Advertisement

A Daring Rescue : Teen-Ager Leaps Into Raging Waters and Pulls Woman to Safety

Share
TIMES STAFF WRITER

Talk about being in the right place at the right time.

High school senior Mark White, 17, was checking the depth of a swollen wash in Santa Clarita on Monday when he heard an anguished cry for help.

Being swept toward him was a tiny, white-haired woman named Sally Swanson.

A few minutes earlier she had been trapped in her van by raging water near Sand Canyon Road. Upon trying to swim to safety, she was carried away by the water. It was icy cold and moving so fast that it pulled her cowboy boots off.

Wearing two pairs of jeans, two shirts, a sweat shirt and a denim jacket, White leaped into Sand Canyon Wash and grabbed Swanson.

Advertisement

He could feel the water soak through his clothing and pull him down, he said later. Thirty yards downstream he clutched a bush and pulled them to safety.

“The water was raging through there so fast we barely made it,” said White, who is 6 feet, 1 inch tall.

After White pulled her from the water, Swanson, who is about 5 feet, 3 inches tall and weighs less than 100 pounds, was nearly paralyzed from the cold and lay on the bank shivering, he said. He carried her to a house and called 911.

The wash is normally a dry channel about three feet wide. It became a roaring river 20 feet wide and up to six feet deep, said Capt. Robert Sheets of the Los Angeles County Fire Department.

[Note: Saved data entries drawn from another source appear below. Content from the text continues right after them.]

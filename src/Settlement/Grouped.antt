-- ===== src/Settlement/Grouped.antt =====
-- What `groupLegsByAdmin` of services/operator-backend/src/settlement/index.ts puts under each admin.
use canton_dex_reference_imp.Prelude.{
  ◌≡◌, refl, sym, ap, ◌∙◌, Bool-cases, Option, none, some, inl, inr, List, [], ◌∷◌, ◌++◌, filterb,
}
use canton_dex_reference_imp.Prelude.Text.{◌===◌, ===→eq}
use canton_dex_reference_imp.Prelude.Assoc.{lookup, insert, lookup-insert, lookup-empty}
use canton_dex_reference_imp.Types.{Party}
use canton_dex_reference_imp.Settlement.{with_leg, group_from, group_legs_by_admin}

-- The legs under a key, none where the key is missing.
abbrev pub legs_of : {L : Type 0} → Option (List L) → List L
legs_of none = []
legs_of (some legs) = legs

append_assoc : {L : Type 0} (xs ys zs : List L) → (xs ++ ys) ++ zs ≡ xs ++ (ys ++ zs)
append_assoc [] ys zs = refl
append_assoc (x ∷ xs) ys zs = ap (λ l. x ∷ l) (append_assoc xs ys zs)

append_nil : {L : Type 0} (xs : List L) → xs ++ [] ≡ xs
append_nil [] = refl
append_nil (x ∷ xs) = ap (λ l. x ∷ l) (append_nil xs)

legs_of-with_leg :
    {L : Type 0} (o : Option (List L)) (leg : L) → with_leg o leg ≡ legs_of o ++ (leg ∷ [])
legs_of-with_leg none leg = refl
legs_of-with_leg (some legs) leg = refl

group_from-legs_of :
    {L : Type 0} (admin_of_leg : L → Party) (admin : Party) (legs : List L)
    (out : List (Party × List L))
    → legs_of (lookup admin (group_from admin_of_leg legs out))
      ≡ legs_of (lookup admin out) ++ filterb (λ l. admin_of_leg l === admin) legs
unfolding group_from
group_from-legs_of admin_of_leg admin [] out = sym (append_nil _)
group_from-legs_of admin_of_leg admin (leg ∷ legs) out =
    let next = insert (admin_of_leg leg) (with_leg (lookup (admin_of_leg leg) out) leg) out in
    let rest = group_from-legs_of admin_of_leg admin legs next in
    elim (Bool-cases (admin_of_leg leg === admin)) [
      | inl own ↦
          let same = ===→eq (admin_of_leg leg) admin own in
          rest
          ∙ rw
              (
                lookup-insert (admin_of_leg leg) admin
                    (with_leg (lookup (admin_of_leg leg) out) leg) out,
                own,
                same,
                legs_of-with_leg (lookup admin out) leg,
              )
              (append_assoc (legs_of (lookup admin out)) (leg ∷ []) _)
      | inr other ↦
          rest
          ∙ rw
              (
                lookup-insert (admin_of_leg leg) admin
                    (with_leg (lookup (admin_of_leg leg) out) leg) out,
                other,
              )
              refl
    ]

-- Under each admin stand the legs of that admin, all of them and in their order.
pub group_legs_by_admin-legs_of :
    {L : Type 0} (admin_of_leg : L → Party) (admin : Party) (legs : List L)
    → legs_of (lookup admin (group_legs_by_admin legs admin_of_leg))
      ≡ filterb (λ l. admin_of_leg l === admin) legs
unfolding group_legs_by_admin
group_legs_by_admin-legs_of admin_of_leg admin legs =
    group_from-legs_of admin_of_leg admin legs [] ∙ rw (lookup-empty admin) refl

The water was flowing so fast that it ripped all four tires off Swanson’s van and carried it about a mile, he said.

“It was rather awesome, very sobering,” said Sheets, who arrived at Sand Canyon and Valley Ranch roads in time to see the van traveling downstream.

Paramedics followed the van downstream but could not find Swanson, Sheets said. After White rescued her, she was helicoptered to Henry Mayo Newhall Memorial Hospital, where she was treated for hypothermia and released.

Advertisement

“It was just a coincidence I was standing by the wash and happened to see her,” White said.

Sheriff’s Sgt. Tom Edgington said White deserves “the highest praise.”

Santa Clarita City Councilman Howard (Buck) McKeon, who employs Swanson in one of his stores, called it “a miracle, not a coincidence. If he had not been there, she would have been gone right now.”